By Cpl. Len Zinberg

ITALY–Cpl. Robert Stenker was a quiet, mild-mannered man, about 34, with thin blond hair and soft brown eyes. He was just beginning to get a little stomach. On the morning of June 6 he came into the S-2 tent and sat down behind his typewriter, humming to himself. The invasion had started; it was a very fine morning.

wwii radio equipment stenker

A GI Radio operator at work

At exactly 0845, 2d Lt. Joseph NMI Hillard stepped into the tent. Cpl. Stenker jumped to his feet and saluted. Lt. Hillard gave him a very snappy salute in return. In all Italy, this was probably the only tent in which an officer was saluted at the start of the day, but as the lieutenant often said: “I’m not a stickler for rules and regulations nor do I believe in being too GI. However, some Army traditions must be upheld. So you salute me once every morning, and we’ll let it go at that.”

Lt. Hillard was neat and trim, as lean and hard as any 21-year-old-boy should be. He had clean-cut features, a small fierce dark mustache and a crisp elocution-class way of speaking. He sat down behind his field desk and asked: “Anything new this morning, corporal?”

Cpl. Stenker said: “Of course, sir, you heard the invasion started?”

Lt. Hillard jumped up in his chair and banged the desk with his fist. “By God, no?” For a moment he stared at the corporal in thoughtful silence. “So they’ve done it! Of course you know what this means?”

“Why, it means the end of the war is in sight,” Cpl. Stenker said happily. “I’ve been overseas 23 months. I’ll be glad to get home, see my wife and get a job.”

“A job?” Lt. Hillard repeated slowly. “Corporal, have you had many jobs?”

“Quite a few,” Cpl. Stenker said, filing his reports, “Of course I had the usual run of small jobs. But I was sales manager for an electrical concern for several years. Got married then. I was 24.

“I suppose marriage is quite a responsibility.

“Yes and no. If you make decent dough, you don’t have much trouble. I was getting 75 a week then. I worked as an office manager for about a year; that paid only 60 a week. I’ve worked as a salesman and once I wrote copy for ads. Just before the war, I managed a direct-mail advertising concern. Going rather well. I’ll probably return to it.”
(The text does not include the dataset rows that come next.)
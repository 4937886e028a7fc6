-- ===== src/Sting/Handles/Release.antt =====
-- sting/protocol.c: `PRTCL_release`, and that the handles in use are distinct.
use mathlib.Core.Path.{subst}
use stin_g.Prelude.{
  ℕ, ◌%◌, ◌≡◌, ◌≢◌, refl, ap, ◌∙◌, true, false, inl, inr, Option, none, some, some_inj, bind_some,
  List, [], ◌∷◌, arith, ◌==◌, eq→==, Bool-cases, if◌then◌else◌,
}
use stin_g.Sting.Handles.{
  CnDesc, Handles, search_chain, do_lookup, prtcl_lookup, next_free, enter, set_chain,
  prtcl_request, remove_first, prtcl_release,
}
use stin_g.Sting.Handles.Fresh.{lookup-cong, next_free-free}

-- No two descriptions of a chain have the same handle.
abbrev pub Distinct : List CnDesc → Type 0
Distinct [] = Unit {0}
Distinct (x ∷ xs) = (search_chain xs x.handle ≡ none) × Distinct xs

abbrev pub IsValid : Handles → Type 0
IsValid s = (i : ℕ) → Distinct (s.cn_array i)

search-remove_other :
    (xs : List CnDesc) (h k : ℕ) → k ≢ h → search_chain (remove_first xs h) k ≡ search_chain xs k
unfolding search_chain remove_first
search-remove_other [] h k ne = refl
search-remove_other (x ∷ xs) h k ne = elim (Bool-cases (x.handle == h)) [
  | inl hit ↦ let e : (x.handle == k) ≡ false = ground (arith, hit, ne) in rw (hit, e) refl
  | inr miss ↦ rw (miss, search-remove_other xs h k ne) refl
]

search-remove_same :
    (xs : List CnDesc) (h : ℕ) → Distinct xs → search_chain (remove_first xs h) h ≡ none
unfolding search_chain remove_first
search-remove_same [] h d = refl
search-remove_same (x ∷ xs) h d = elim (Bool-cases (x.handle == h)) [
  | inl hit ↦
      let e : x.handle ≡ h = ground (arith, hit) in
      rw hit (subst (λ y. search_chain xs y ≡ none) e d.0)
  | inr miss ↦ rw (miss, miss, search-remove_same xs h d.1) refl
]

remove_first-Distinct : (xs : List CnDesc) (h : ℕ) → Distinct xs → Distinct (remove_first xs h)
unfolding remove_first
remove_first-Distinct [] h d = tt
remove_first-Distinct (x ∷ xs) h d = elim (Bool-cases (x.handle == h)) [
  | inl hit ↦ rw hit d.1
  | inr miss ↦
      let ne : x.handle ≢ h = ground (arith, miss) in
      rw miss (search-remove_other xs h x.handle ne ∙ d.0, remove_first-Distinct xs h d.1)
]

set_chain-Distinct :
    (t : ℕ → List CnDesc) (place : ℕ) (chain : List CnDesc)
    → ((i : ℕ) → Distinct (t i))
    → Distinct chain
    → (i : ℕ) → Distinct (set_chain t place chain i)
set_chain-Distinct t place chain v d i = elim (Bool-cases (i == place)) [
  | inl here ↦ rw here d
  | inr apart ↦ rw apart (v i)
]

release-other :
    (s : Handles) (h k : ℕ)
    → k ≢ h
    → do_lookup (prtcl_release s h).cn_array k ≡ do_lookup s.cn_array k
unfolding do_lookup prtcl_release
release-other s h k ne = elim (Bool-cases (k % 64 == h % 64)) [
  | inl same ↦
      let e : h % 64 ≡ k % 64 = ground (arith, same) in
      rw same (search-remove_other (s.cn_array (h % 64)) h k ne ∙ rw e refl)
  | inr apart ↦ rw apart refl
]

release-same : (s : Handles) (h : ℕ) → IsValid s → do_lookup (prtcl_release s h).cn_array h ≡ none
unfolding do_lookup prtcl_release
release-same s h v =
    rw (eq→== (h % 64) (h % 64) refl) (search-remove_same (s.cn_array (h % 64)) h (v (h % 64)))

none-lookup : (s : Handles) (h f : ℕ) → do_lookup s.cn_array h ≡ none → prtcl_lookup s h f ≡ none
unfolding prtcl_lookup
none-lookup s h f e =
    ap
      (λ (o : Option CnDesc). elim o [
        | none ↦ none
        | some x ↦ if x.funcs == f then some x.anonymous else none
      ])
      e

-- If no two handles of a chain are equal, then after `PRTCL_release` `PRTCL_lookup` finds nothing
-- with the handle, and with every other handle what it found before, and still no two handles of a
-- chain are equal.
pub prtcl_release-prtcl_lookup :
    (s : Handles) (h : ℕ)
    → IsValid s
    → ((f : ℕ) → prtcl_lookup (prtcl_release s h) h f ≡ none)
      × ((k g : ℕ) → k ≢ h → prtcl_lookup (prtcl_release s h) k g ≡ prtcl_lookup s k g)
      × IsValid (prtcl_release s h)
unfolding prtcl_release
prtcl_release-prtcl_lookup s h v = (
  λ f. none-lookup (prtcl_release s h) h f (release-same s h v),
  λ k g ne. lookup-cong (prtcl_release s h) s k g (release-other s h k ne),
  set_chain-Distinct s.cn_array (h % 64) (remove_first (s.cn_array (h % 64)) h) v
      (remove_first-Distinct (s.cn_array (h % 64)) h (v (h % 64))),
)

-- `PRTCL_request`, where it returns a handle, keeps the handles of each chain distinct.
pub prtcl_request-IsValid :
    (fuel : ℕ) (s : Handles) (a f : ℕ) {s' : Handles} {h : ℕ}
    → IsValid s
    → prtcl_request fuel true s a f ≡ some (s', some h)
    → IsValid s'
unfolding prtcl_request do_lookup enter
prtcl_request-IsValid fuel s a f {s'} {h} v e =
    let (m, found, same) =
      bind_some (next_free fuel s.cn_array s.next_handle) (λ m. some (enter s m a f, some m)) e in
    let t : enter s m a f ≡ s' = ap (λ (p : Handles × Option ℕ). p.0) (some_inj same) in
    subst IsValid t (
      set_chain-Distinct s.cn_array (m % 64) _ v
        (next_free-free fuel s.cn_array s.next_handle found, v (m % 64)))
“Sound like decent jobs,” the lieutenant said, lighting a cigarette. He always lit his cigarettes with a neat brisk movement. “I suppose most jobs pay around 50 a week?”

“Maybe in boom times. About 30 is the average.”

“Thirty isn’t much when you have to consider rent and food,” Lt. Hillard said.

“You certainly have to take those items into account. Clothes too.”

“I suppose this sounds strange,” Lt. Hillard said, “but I’ve never had a job. I was in my second year at college, taking a BA, when I came into the Army and went to OCS. Civilian life will be quite a change. Don’t think I’ll go back to college. Too old. Have to look for a job.”

Cpl. Stenker lit a cigar and went on with his filing. Lt. Hillard smoked his cigarette and read a bulletin. Then he put that down and said: “So the invasion’s started. I guess it’s about time.” He suddenly blew out a big cloud of smoke and killed his cigarette. “Bob,” he said, “working in civilian life–I mean, getting a good job–it’s about the same as the Army, isn’t it? I mean, if a man could advance in the Army, he ought to–you know.”

Cpl. Stenker was about to say it was pretty much the same, especially if you worked for a big concern. But he looked over at Lt. Hillard, noticed the tenseness in the lieutenant’s face, and said casually: “No, I’m afraid it isn’t, sir. I should say it was very much different. The Army is one thing, a civilian job another.”

“I suppose so,” Lt. Hillard said weakly.

“Yes, it’s quite different,” the corporal said.

Lt. Hillard opened a War Department letter and read it absently. Cpl. Stenker went on filing reports. He puffed on his cigar slowly, blowing out thin smoke rings. It’s a fine day, he thought–first the invasion and now Lt. Hillard.